Saved data entries

Content starts

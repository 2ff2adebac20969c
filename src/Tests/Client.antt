-- ===== src/Tests/Client.antt =====
-- A tool's result whose structured content is missing.
use querylynx.Base.{true, false, none, [], ◌∷◌, ◌≡◌, refl, Result, ok, err, ℕ}
use querylynx.Strings.{Text, codes}
use querylynx.Client.Decode.{
  ToolResult, text_content, other_content, content_error, first_text, decode_structured, call,
  ReadFrom, call-ReadFrom,
}

abbrev from_json : ℕ → Result Text Text
from_json j = err (codes "not a text")

abbrev from_text : Text → Result Text Text
from_text t = ok t

abbrev fallback : ToolResult ℕ
fallback = record {
  is_error = false;
  structured = none;
  content = other_content ∷ text_content [] ∷ text_content (codes "{}") ∷ [];
}

abbrev answer : Result Text (ToolResult ℕ)
answer = ok fallback

call_second_text : call from_json from_text (codes "introspect") (ok fallback) ≡ ok (codes "{}")
unfolding call decode_structured first_text
call_second_text = refl

call_error :
    call from_json from_text
      (codes "introspect")
      (ok (record fallback { is_error = true; content = [] }))
    ≡ err (codes "executor introspect: unknown executor error")
unfolding call content_error
call_error = refl

call-ReadFrom_example :
    (res : ToolResult ℕ) × (answer ≡ ok res)
    × (res.is_error ≡ false)
    × ReadFrom from_json from_text res (codes "{}")
call-ReadFrom_example =
    call-ReadFrom from_json from_text (codes "introspect") answer call_second_text
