-- ===== src/Tests/Executor.antt =====
-- The executor and the registry over a backend that counts its connections.
use querylynx.Base.{
  ℕ, suc, Bool, false, not, ◌&&◌, ◌||◌, ◌==◌, ltb, none, List, [], ◌∷◌, ◌++◌, ◌≡◌, refl, arith, ok,
  err,
}
use querylynx.Strings.{Text, codes}
use querylynx.Context.{background}
use querylynx.Connector.{Ref, Backend}
use querylynx.Explain.{hex}
use querylynx.Rag.{Provider}
use querylynx.Executor.{
  Service, new_service, connector_failed, validate_and_execute, ServiceError, Call, open_call,
  execute_call, close_call, serve_all,
}
use querylynx.Executor.Leaks.{Pools, IsTight, serve_all-IsTight}
use querylynx.Client.{Remote}
use querylynx.Llm.{Settings}
use querylynx.Session.{new_registry, RegisterParams, register}
use querylynx.Session.Register.{Leaves, outside, register-Leaves}
use querylynx.Tests.Fleet.{fleet, one_row}
use querylynx.Tests.Running.{run_executor, run_safety}
use querylynx.Base.Int.{pos}
use querylynx.Postgres
use querylynx.Safety.{Violation, statement_type}
use querylynx.Executor.Gate.{guarded, validate_and_execute-refuses}

-- How many were opened, and which of them are.
pub record Counting : Type 0 where
  pub next : ℕ
  pub live : ℕ → Bool

abbrev pub counting : Backend Counting
counting = record {
  new =
      λ ctx w cfg. (ok w.next, record { next = suc w.next; live = λ r. (w.next == r) || w.live r });
  introspect = λ ctx c w. (ok fleet, w);
  validate = λ ctx c w q. (ok (q ++ codes " LIMIT 1"), w);
  execute = λ ctx c w q. (ok one_row, w);
  close = λ c w. (none, record { next = w.next; live = λ r. w.live r && not (c == r) });
}

abbrev pub none_live : Counting
none_live = record { next = 0; live = λ r. false }

abbrev pub counting_pools : Pools counting
counting_pools = record {
  is_open = λ w r. ltb r w.next && w.live r;
  new_ok = λ ctx w cfg c e. (ground arith, λ r. ground arith);
  new_err = λ ctx w cfg e h r. absurd (ground arith);
  introspect_same = λ ctx c w r. refl;
  validate_same = λ ctx c w q r. refl;
  execute_same = λ ctx c w q r. refl;
  close_closes = λ c w r. ground arith;
}

-- Two databases under one id, a query, a dialect that is not there, and one close.
abbrev calls : List Call
calls =
    open_call background (codes "a") (codes "postgres") (codes "x")
    ∷ open_call background (codes "a") (codes "postgresql") (codes "y")
    ∷ open_call background (codes "b") (codes "oracle") (codes "z")
    ∷ execute_call background (codes "a") (codes "SELECT 1")
    ∷ open_call background (codes "c") (codes "postgres") (codes "z")
    ∷ close_call (codes "c")
    ∷ []

serve_all-calls : (serve_all counting calls (new_service, none_live)).0.conns ≡ (codes "a", 1) ∷ []
unfolding run_executor
serve_all-calls = refl

pub none_is_open : (r : Ref) → (ltb r 0 && false) ≡ false
none_is_open r = ground arith

serve_all-IsTight_example :
    IsTight counting_pools (serve_all counting calls (new_service, none_live))
serve_all-IsTight_example = serve_all-IsTight counting_pools none_live calls none_is_open

abbrev one_open : Service
one_open = record { conns = (codes "a", 1) ∷ [] }

abbrev message : ServiceError → Text
message e = codes "executor failed"

abbrev silent : Settings → Provider (Remote Counting)
silent settings = record { generate = λ ctx at prompt. (err (codes "silent"), at) }

abbrev bytes : ℕ → Counting → List ℕ × Counting
bytes n w = (0 ∷ 255 ∷ [], w)

abbrev params : RegisterParams
params = record {
  provider = codes "openai";
  api_key = codes "key";
  model_id = [];
  dialect = codes "postgres";
  dsn = codes "x";
}

register-Leaves_example :
    Leaves counting background
      (codes "conn_" ++ hex (bytes 8 none_live).0)
      params.dialect
      new_registry
      one_open
      (register
        (outside counting message silent bytes [])
        background
        new_registry
        params
        (record { service = one_open; world = none_live }))
register-Leaves_example =
    register-Leaves counting message silent bytes [] background new_registry params one_open
      none_live (unfold run_executor in refl)

abbrev config : Ref → Postgres.Config
config c = record { dsn = []; row_cap = pos 10 }

abbrev violation_text : Violation → Text
violation_text v = codes "refused"

validate_and_execute-refuses_example :
    validate_and_execute
      (guarded counting config violation_text)
      background
      one_open
      none_live
      (codes "a")
      (codes "DROP TABLE t")
    ≡ (err (connector_failed (codes "refused")), one_open, none_live)
validate_and_execute-refuses_example =
    validate_and_execute-refuses counting config violation_text background one_open none_live
      (codes "a") (codes "DROP TABLE t") 1 (statement_type (codes "DROP"))
      (unfold run_executor in refl) (unfold run_safety in refl)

Content ends

_Description of the task_
Make a faithful copy of every record above.

_Finished task_
repository 2ff2adebac20969c
filename src/Tests/Client.antt
-- ===== src/Tests/Client.antt =====
-- A tool's result whose structured content is missing.
use querylynx.Base.{true, false, none, [], ◌∷◌, ◌≡◌, refl, Result, ok, err, ℕ}
use querylynx.Strings.{Text, codes}
use querylynx.Client.Decode.{
  ToolResult, text_content, other_content, content_error, first_text, decode_structured, call,
  ReadFrom, call-ReadFrom,
}

abbrev from_json : ℕ → Result Text Text
from_json j = err (codes "not a text")

abbrev from_text : Text → Result Text Text
from_text t = ok t

abbrev fallback : ToolResult ℕ
fallback = record {
  is_error = false;
  structured = none;
  content = other_content ∷ text_content [] ∷ text_content (codes "{}") ∷ [];
}

abbrev answer : Result Text (ToolResult ℕ)
answer = ok fallback

call_second_text : call from_json from_text (codes "introspect") (ok fallback) ≡ ok (codes "{}")
unfolding call decode_structured first_text
call_second_text = refl

call_error :
    call from_json from_text
      (codes "introspect")
      (ok (record fallback { is_error = true; content = [] }))
    ≡ err (codes "executor introspect: unknown executor error")
unfolding call content_error
call_error = refl

call-ReadFrom_example :
    (res : ToolResult ℕ) × (answer ≡ ok res)
    × (res.is_error ≡ false)
    × ReadFrom from_json from_text res (codes "{}")
call-ReadFrom_example =
    call-ReadFrom from_json from_text (codes "introspect") answer call_second_text
-- ===== src/Tests/Executor.antt =====
-- The executor and the registry over a backend that counts its connections.
use querylynx.Base.{
  ℕ, suc, Bool, false, not, ◌&&◌, ◌||◌, ◌==◌, ltb, none, List, [], ◌∷◌, ◌++◌, ◌≡◌, refl, arith, ok,
  err,
}
use querylynx.Strings.{Text, codes}
use querylynx.Context.{background}
use querylynx.Connector.{Ref, Backend}
use querylynx.Explain.{hex}
use querylynx.Rag.{Provider}
use querylynx.Executor.{
  Service, new_service, connector_failed, validate_and_execute, ServiceError, Call, open_call,
  execute_call, close_call, serve_all,
}
use querylynx.Executor.Leaks.{Pools, IsTight, serve_all-IsTight}
use querylynx.Client.{Remote}
use querylynx.Llm.{Settings}
use querylynx.Session.{new_registry, RegisterParams, register}
use querylynx.Session.Register.{Leaves, outside, register-Leaves}
use querylynx.Tests.Fleet.{fleet, one_row}
use querylynx.Tests.Running.{run_executor, run_safety}
use querylynx.Base.Int.{pos}
use querylynx.Postgres
use querylynx.Safety.{Violation, statement_type}
use querylynx.Executor.Gate.{guarded, validate_and_execute-refuses}

-- How many were opened, and which of them are.
pub record Counting : Type 0 where
  pub next : ℕ
  pub live : ℕ → Bool

abbrev pub counting : Backend Counting
counting = record {
  new =
      λ ctx w cfg. (ok w.next, record { next = suc w.next; live = λ r. (w.next == r) || w.live r });
  introspect = λ ctx c w. (ok fleet, w);
  validate = λ ctx c w q. (ok (q ++ codes " LIMIT 1"), w);
  execute = λ ctx c w q. (ok one_row, w);
  close = λ c w. (none, record { next = w.next; live = λ r. w.live r && not (c == r) });
}

abbrev pub none_live : Counting
none_live = record { next = 0; live = λ r. false }

abbrev pub counting_pools : Pools counting
counting_pools = record {
  is_open = λ w r. ltb r w.next && w.live r;
  new_ok = λ ctx w cfg c e. (ground arith, λ r. ground arith);
  new_err = λ ctx w cfg e h r. absurd (ground arith);
  introspect_same = λ ctx c w r. refl;
  validate_same = λ ctx c w q r. refl;
  execute_same = λ ctx c w q r. refl;
  close_closes = λ c w r. ground arith;
}

-- Two databases under one id, a query, a dialect that is not there, and one close.
abbrev calls : List Call
calls =
    open_call background (codes "a") (codes "postgres") (codes "x")
    ∷ open_call background (codes "a") (codes "postgresql") (codes "y")
    ∷ open_call background (codes "b") (codes "oracle") (codes "z")
    ∷ execute_call background (codes "a") (codes "SELECT 1")
    ∷ open_call background (codes "c") (codes "postgres") (codes "z")
    ∷ close_call (codes "c")
    ∷ []

serve_all-calls : (serve_all counting calls (new_service, none_live)).0.conns ≡ (codes "a", 1) ∷ []
unfolding run_executor
serve_all-calls = refl

pub none_is_open : (r : Ref) → (ltb r 0 && false) ≡ false
none_is_open r = ground arith

serve_all-IsTight_example :
    IsTight counting_pools (serve_all counting calls (new_service, none_live))
serve_all-IsTight_example = serve_all-IsTight counting_pools none_live calls none_is_open

abbrev one_open : Service
one_open = record { conns = (codes "a", 1) ∷ [] }

abbrev message : ServiceError → Text
message e = codes "executor failed"

abbrev silent : Settings → Provider (Remote Counting)
silent settings = record { generate = λ ctx at prompt. (err (codes "silent"), at) }

abbrev bytes : ℕ → Counting → List ℕ × Counting
bytes n w = (0 ∷ 255 ∷ [], w)

abbrev params : RegisterParams
params = record {
  provider = codes "openai";
  api_key = codes "key";
  model_id = [];
  dialect = codes "postgres";
  dsn = codes "x";
}

register-Leaves_example :
    Leaves counting background
      (codes "conn_" ++ hex (bytes 8 none_live).0)
      params.dialect
      new_registry
      one_open
      (register
        (outside counting message silent bytes [])
        background
        new_registry
        params
        (record { service = one_open; world = none_live }))
register-Leaves_example =
    register-Leaves counting message silent bytes [] background new_registry params one_open
      none_live (unfold run_executor in refl)

abbrev config : Ref → Postgres.Config
config c = record { dsn = []; row_cap = pos 10 }

abbrev violation_text : Violation → Text
violation_text v = codes "refused"

validate_and_execute-refuses_example :
    validate_and_execute
      (guarded counting config violation_text)
      background
      one_open
      none_live
      (codes "a")
      (codes "DROP TABLE t")
    ≡ (err (connector_failed (codes "refused")), one_open, none_live)
validate_and_execute-refuses_example =
    validate_and_execute-refuses counting config violation_text background one_open none_live
      (codes "a") (codes "DROP TABLE t") 1 (statement_type (codes "DROP"))
      (unfold run_executor in refl) (unfold run_safety in refl)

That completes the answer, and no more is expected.